The objective of the investigations is to study classes of scheduling problems arising in connection with production planning and with the design of computer operationg systems. Such problems are more complex than classical scheduling environments because in most cases several additional constraints have to be satisfied. We formulate models representing these problems and investigate basic solution methods. The main individual projects can be classified as follows:

- Investigation of scheduling models and the structure of the set of feasible solutions of scheduling problems
- Complexity investigations and development of polynomial algorithms for subclasses of scheduling problems
- Development of heuristic and approximative algorithms
- Investigation of the stability of exact and approximative solutions

Authors: |
Frank Werner |

Cooperations: |
Heidemarie Bräsel (IAG of the Otto-von-Guericke-University Magdeburg); Natalia V. Shakhlevich (Institute of Engineering Cybernetics of Minsk); Yuri N. Sotskov (Institute of Engineering Cybernetics of Minsk); Vjacheslav S. Tanaev (Institute of Engineering Cybernetics of Minsk). |

Support: |
Deutsche Forschungsgemeinschaft (project ScheMA), INTAS. |

A popular model in scheduling theory is the disjunctive graph model. The network model based on such a disjunctive or mixed graph or on a multigraph allows the possibility of representing different constraints which often arise in production planning and scheduling. With such a model, parallel machines in multi-stage shop systems and some other features of real production systems can be taken into account. The discussion of the mixed multigraph model and some applications can be found for instance in [19].

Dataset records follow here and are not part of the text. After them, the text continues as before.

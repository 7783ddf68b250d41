-- ===== src/Validate.antt =====
-- The wire validator of crates/mabel-core/src/validate.rs.
pub mod Error
pub mod Text
pub mod Descriptor
pub mod Values
pub mod Scan
pub mod Schema
pub mod Cardinality
pub mod Message
pub mod Varint
pub mod Gives
pub mod Canonical
pub mod Conforms
pub mod Settles
pub mod Termination
pub mod Sizes
pub mod Checks
pub mod Ends
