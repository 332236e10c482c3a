-- ===== src/Tests/Walking.antt =====
-- The depth first search on a root with two children.
use depscloud.Base.Bytes.{Bytes}
use depscloud.Base.{List, Result, [], ap, arith, get_last?, list_eq, nat_eq, none, ok, refl, suc}
use depscloud.Base.{zero, ℕ, ℕ_discrete, ◌∷◌, ◌≡◌}
use depscloud.Tracker.Alpha.Traversal.Depth.{Walk, walk_end, walk_step, depth_first-Walk}
use depscloud.Tracker.Alpha.Traversal.{depth_first, offer, returned}
use depscloud.Tests.Samples.{quiet_peer, quiet_peer-IsQuiet}

abbrev key : ℕ → Bytes
key n = n ∷ []

abbrev visit : ℕ → Result (ℕ × List ℕ)
visit zero = ok (0, 1 ∷ 2 ∷ [])
visit (suc n) = ok (suc n, [])

offered : offer key visit (1 ∷ 2 ∷ []) (key 0 ∷ []) [] ≡ (1 ∷ 2 ∷ [], key 0 ∷ key 1 ∷ key 2 ∷ [])
unfolding offer list_eq nat_eq ℕ_discrete
offered = refl

-- The child 1 is dropped: 0 and 2 are all that is sent.
walked : Walk key visit quiet_peer quiet_peer-IsQuiet 0 (key 0 ∷ []) (0 ∷ 2 ∷ [])
unfolding offer
walked = walk_step refl (ap (λ o. get_last? o.0) offered) (walk_end refl refl)

depth_first-Walk_example : depth_first key visit quiet_peer 3 0 ≡ returned none (0 ∷ 2 ∷ [])
depth_first-Walk_example =
    depth_first-Walk key visit quiet_peer quiet_peer-IsQuiet 3 0 (0 ∷ 2 ∷ []) walked (omega arith)
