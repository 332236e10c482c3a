-- ===== src/Tracker.antt =====
-- The tracker: its two graph stores and the services over them.
pub mod Alpha
pub mod Beta
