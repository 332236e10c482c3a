-- ===== src/Tracker/Alpha.antt =====
-- The v1alpha side of the tracker.
pub mod Types
pub mod Sql
pub mod Store
pub mod Schema
pub mod Traversal
pub mod Client
pub mod Services
pub mod Track
pub mod Search
pub mod Setup
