-- ===== src/Tracker/Alpha/Setup/Laws.antt =====
-- What a graph store that was opened is.
use depscloud.Base.{>>=-eq-ok, Option, [], ap, arith, check, none, ok, refl, some}
use depscloud.Base.{sym, ◌∙◌, ◌∷◌, ◌≡◌, ◌≢◌}
use depscloud.Tracker.Alpha.Sql.{Driver}
use depscloud.Base.Bytes.{Bytes}
use depscloud.Tracker.Alpha.Store.{Db, GraphStore}
use depscloud.Tracker.Alpha.Setup.{Setup, new_graph_store_for, new_sql_graph_store, one_address}
use depscloud.Tracker.Alpha.Setup.{open_for, resolve_driver_name}

-- The connection of an address, and none of an empty one.
abbrev pub connection : Bytes → Option Db
connection [] = none
connection (c ∷ cs) = some (record { address = c ∷ cs })

abbrev pub or_other : Option Db → Option Db → Option Db
or_other none old = old
or_other (some db) old = some db

open_for-ok :
    (setup : Setup) (d : Driver) (address : Bytes) (old db : Option Db)
    → open_for setup d address old ≡ ok db
    → db ≡ or_other (connection address) old
unfolding open_for
open_for-ok setup d [] old db h = ground arith
open_for-ok setup d (c ∷ cs) old db h =
    let (_, _, h1) = >>=-eq-ok (check (setup.open_db d (c ∷ cs))) _ h in ground arith

new_sql_graph_store-ok :
    (setup : Setup) (rwdb rodb : Option Db) (d : Driver) (gs : GraphStore)
    → new_sql_graph_store setup rwdb rodb d ≡ ok gs
    → (gs.rwdb ≡ rwdb) × (gs.rodb ≡ rodb) × (gs.statements ≡ d)
unfolding new_sql_graph_store
new_sql_graph_store-ok setup none rodb d gs h = ground arith
new_sql_graph_store-ok setup (some db) rodb d gs h =
    let (_, _, h1) = >>=-eq-ok (check (setup.create_table db)) _ h in ground arith

one_address-ok :
    (setup : Setup) (rwdb rodb : Option Db) (u : Unit {0})
    → one_address setup rwdb rodb ≡ ok u
    → (rwdb ≡ none)
    → rodb ≢ none
one_address-ok setup none none u h e = cc
one_address-ok setup none (some _) u h e = λ x. cc x
one_address-ok setup (some _) rodb u h e = cc

-- A graph store that was opened for a driver has the statements of that driver; it writes to the
-- first address, and cannot write if that is empty; it reads from the second address, and from the
-- first if that is empty; and one of the two is not empty.
pub new_graph_store_for-ok :
    (setup : Setup) (driver address read_only_address : Bytes) (gs : GraphStore)
    → new_graph_store_for setup driver address read_only_address ≡ ok gs
    → (resolve_driver_name driver ≡ ok gs.statements)
      × (gs.rwdb ≡ connection address)
      × (gs.rodb ≡ or_other (connection read_only_address) (connection address))
      × (gs.rwdb ≡ none → gs.rodb ≢ none)
unfolding new_graph_store_for
new_graph_store_for-ok setup driver address read_only_address gs h =
    let (d, ed, h1) = >>=-eq-ok (resolve_driver_name driver) _ h in
    let (rw_, erw, h2) = >>=-eq-ok (open_for setup d address none) _ h1 in
    let (ro, ero, h3) = >>=-eq-ok (open_for setup d read_only_address rw_) _ h2 in
    let (u, one, h4) = >>=-eq-ok (one_address setup rw_ ro) _ h3 in
    let (_, _, h5) = >>=-eq-ok (check (setup.load_statements d)) _ h4 in
    let (frw, fro, fd) = new_sql_graph_store-ok setup rw_ ro d gs h5 in
    let writes : rw_ ≡ connection address =
      open_for-ok setup d address none rw_ erw ∙ plain (connection address) in
    (
      ed ∙ ap ok (sym fd),
      frw ∙ writes,
      fro
          ∙ open_for-ok setup d read_only_address rw_ ro ero
          ∙ ap (or_other (connection read_only_address)) writes,
      λ e x. one_address-ok setup rw_ ro u one (sym frw ∙ e) (sym fro ∙ x),
    )
  where
    plain : (c : Option Db) → or_other c none ≡ c
    plain none = refl
    plain (some _) = refl
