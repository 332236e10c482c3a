-- ===== src/Tracker/Beta.antt =====
-- The v1beta graph store of the tracker.
pub mod Types
pub mod Transforms
pub mod Driver
pub mod Server
pub mod Listing
pub mod Manifests
pub mod Traverse
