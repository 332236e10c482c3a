-- ===== src/Tracker/Beta/Driver/Opened.antt =====
-- What `Resolve` of tracker/internal/graphstore/v1beta/driver.go opens, and when it refuses.
use depscloud.Tracker.Alpha.Sql.{Driver}
use depscloud.Tracker.Alpha.Store.{Db}
use depscloud.Tracker.Alpha.Setup.Laws.{connection, or_other}
use depscloud.Tracker.Beta.Driver.Resolve.{Gorm, SqlDriver, resolve, dialect, open_rw, open_ro}
use depscloud.Tracker.Beta.Driver.Resolve.{some_address}
use depscloud.Base.{>>=-eq-ok, Option, [], ap, arith, check, ok, sym, ◌∙◌, ◌∷◌, ◌≡◌, ◌≢◌, none}
use depscloud.Base.{some}
use depscloud.Base.Bytes.{Bytes}

open_rw-ok :
    (gorm : Gorm) (d : Driver) (address : Bytes) (db : Option Db)
    → open_rw gorm d address ≡ ok db
    → db ≡ connection address
unfolding open_rw
open_rw-ok gorm d [] db h = ground arith
open_rw-ok gorm d (c ∷ cs) db h =
    let (_, _, h1) = >>=-eq-ok (check (gorm.open_db d (c ∷ cs))) _ h in
    let (_, _, h2) = >>=-eq-ok (check (gorm.auto_migrate (c ∷ cs))) _ h1 in
    let (_, _, h3) = >>=-eq-ok (check (gorm.db (c ∷ cs))) _ h2 in ground arith

open_ro-ok :
    (gorm : Gorm) (d : Driver) (address : Bytes) (old db : Option Db)
    → open_ro gorm d address old ≡ ok db
    → db ≡ or_other (connection address) old
unfolding open_ro
open_ro-ok gorm d [] old db h = ground arith
open_ro-ok gorm d (c ∷ cs) old db h =
    let (_, _, h1) = >>=-eq-ok (check (gorm.open_db d (c ∷ cs))) _ h in
    let (_, _, h2) = >>=-eq-ok (check (gorm.db (c ∷ cs))) _ h1 in ground arith

some_address-ok :
    (gorm : Gorm) (dbrw dbro : Option Db) (u : Unit {0})
    → some_address gorm dbrw dbro ≡ ok u
    → dbrw ≡ none
    → dbro ≢ none
some_address-ok gorm none none u h e = cc
some_address-ok gorm none (some _) u h e = λ x. cc x
some_address-ok gorm (some _) dbro u h e = cc

-- A driver that was resolved has the name and the statements of the dialect that was asked for; it
-- writes to the first address, and to no database if that is empty; it reads from the second
-- address, and from the first if that is empty; and one of the two is not empty.
pub resolve-ok :
    (gorm : Gorm) (driver address read_only_address : Bytes) (s : SqlDriver)
    → resolve gorm driver address read_only_address ≡ ok s
    → (dialect driver ≡ ok (s.name, s.statements))
      × (s.rwdb ≡ connection address)
      × (s.rodb ≡ or_other (connection read_only_address) (connection address))
      × (s.rwdb ≡ none → s.rodb ≢ none)
unfolding resolve
resolve-ok gorm driver address read_only_address s h =
    let ((name, d), ed, h1) = >>=-eq-ok (dialect driver) _ h in
    let (dbrw, erw, h2) = >>=-eq-ok (open_rw gorm d address) _ h1 in
    let (dbro, ero, h3) = >>=-eq-ok (open_ro gorm d read_only_address dbrw) _ h2 in
    let (u, one, h4) = >>=-eq-ok (some_address gorm dbrw dbro) _ h3 in
    let writes = open_rw-ok gorm d address dbrw erw in
    let reads = open_ro-ok gorm d read_only_address dbrw dbro ero in
    let made : SqlDriver = record { rwdb = dbrw; rodb = dbro; name = name; statements = d } in
    let same : made ≡ s = cc in
    let same_rw = ap (λ x. x.rwdb) same in
    let same_ro = ap (λ x. x.rodb) same in
    (
      ed ∙ ap (λ x. ok (x.name, x.statements)) same,
      sym same_rw ∙ writes,
      sym same_ro ∙ reads ∙ ap (or_other (connection read_only_address)) writes,
      λ e x. some_address-ok gorm dbrw dbro u one (same_rw ∙ e) (same_ro ∙ x),
    )
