-- ===== src/Raft/Log.antt =====
-- trading/src/consensus/raft.rs: the operations on the list of log entries.
use actix_pura.Prelude.{
  ℕ, Bool, Option, none, some, List, [], ◌∷◌, ◌++◌, ◌&&◌, ◌||◌, ltb, leb, ◌==◌, if◌then◌else◌,
  map_or, any, last, add64,
}
use actix_pura.Raft.Types.{LogEntry}

module _ {C : Type 0} where
  -- `log.last().map(|entry| entry.index).unwrap_or(0)`, and the same for the term.
  abbrev pub last_index : List (LogEntry C) → ℕ
  last_index l = map_or 0 (λ e. e.index) (last l)

  abbrev pub last_term : List (LogEntry C) → ℕ
  last_term l = map_or 0 (λ e. e.term) (last l)

  -- `log.last().map(|entry| entry.index + 1).unwrap_or(1)`
  abbrev pub next_log_index : List (LogEntry C) → ℕ
  next_log_index l = map_or 1 (λ e. add64 e.index 1) (last l)

  -- `log.iter().find(|e| e.index == i)`
  unfoldable pub entry_at : ℕ → List (LogEntry C) → Option (LogEntry C)
  entry_at i [] = none
  entry_at i (e ∷ l) = if e.index == i then some e else entry_at i l

  -- `log.iter().any(|e| e.index == i)`
  unfoldable pub has_index : ℕ → List (LogEntry C) → Bool
  has_index i [] = Bool.false
  has_index i (e ∷ l) = if e.index == i then Bool.true else has_index i l

  -- `prev_log_index == 0 || log.iter().any(|entry| ...)`
  unfoldable pub log_consistent : ℕ → ℕ → List (LogEntry C) → Bool
  log_consistent i t l = i == 0 || any (λ e. e.index == i && e.term == t) l

  -- The term of the entry before the next one to send.
  unfoldable pub prev_term : ℕ → List (LogEntry C) → ℕ
  prev_term i l = if ltb 0 i then map_or 0 (λ e. e.term) (entry_at i l) else 0

  -- `log.retain(|entry| entry.index <= prev_log_index)`
  unfoldable pub truncate : ℕ → List (LogEntry C) → List (LogEntry C)
  truncate i [] = []
  truncate i (e ∷ l) = if leb e.index i then e ∷ truncate i l else truncate i l

  -- `log.iter().filter(|entry| entry.index >= next_idx)`
  unfoldable pub entries_from : ℕ → List (LogEntry C) → List (LogEntry C)
  entries_from i [] = []
  entries_from i (e ∷ l) = if leb i e.index then e ∷ entries_from i l else entries_from i l

  -- The loop that pushes what is missing, and moves the match index along.
  unfoldable pub push_missing : List (LogEntry C) → List (LogEntry C) → ℕ → List (LogEntry C) × ℕ
  push_missing [] l m = (l, m)
  push_missing (e ∷ es) l m =
      push_missing es (if has_index e.index l then l else l ++ e ∷ [])
        (if has_index e.index l then m else e.index)

  -- `sort_by_key(|entry| entry.index)`, a stable sort.
  unfoldable pub insert_by_index : LogEntry C → List (LogEntry C) → List (LogEntry C)
  insert_by_index e [] = e ∷ []
  insert_by_index e (x ∷ l) = if leb e.index x.index then e ∷ x ∷ l else x ∷ insert_by_index e l

  unfoldable pub sort_by_index : List (LogEntry C) → List (LogEntry C)
  sort_by_index [] = []
  sort_by_index (e ∷ l) = insert_by_index e (sort_by_index l)

  -- The block under `if !entries.is_empty()`.
  unfoldable pub merge_entries : ℕ → List (LogEntry C) → List (LogEntry C) → List (LogEntry C) × ℕ
  merge_entries prev [] l = (l, prev)
  merge_entries prev (e ∷ es) l =
      let (l', m) = push_missing (e ∷ es) (truncate prev l) prev in (sort_by_index l', m)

Recently, the investigation of coloring problems on mixed graphs has begun. First results can be found in [27]. In the latter paper, also the chromatic polynomial of a mixed graph has been considered. Such investigations are of interest in connection with the determination of feasible schedules. Another topic are investigations of the set of feasible schedules for some types of scheduling problems in order to determine subsets of feasible schedules with certain properties. These investigations are in close connection to scheduling problems with uncertain numerical data.

Authors: |
Volker Lauff, Frank Werner |

Cooperations: |
Jacek Blazewicz (TU Poznan); Peter Brucker (Universität Osnabrück); Valery S. Gordon (Institue of Engineering Cybernetics of Minsk); Svetlana A. Kravchenko (Institute of Engineering of Minsk); Natalia V. Shakhlevich (Institute of Engineering Cybernetics of Minsk); Yuri N. Sotskov (Institute of Engineering Cybernetics of Minsk). |

Support: |
Deutsche Forschungsgemeinschaft (project ScheMA), INTAS. |

One aim is to classify scheduling problems according to their complexity. Only for special problems, polynomial algorithms have been developed. For NP-hard problems, dynamic programming algorithms, polynomial approximation schemes, branch and bound methods, decomposition approaches and heuristcs have been applied.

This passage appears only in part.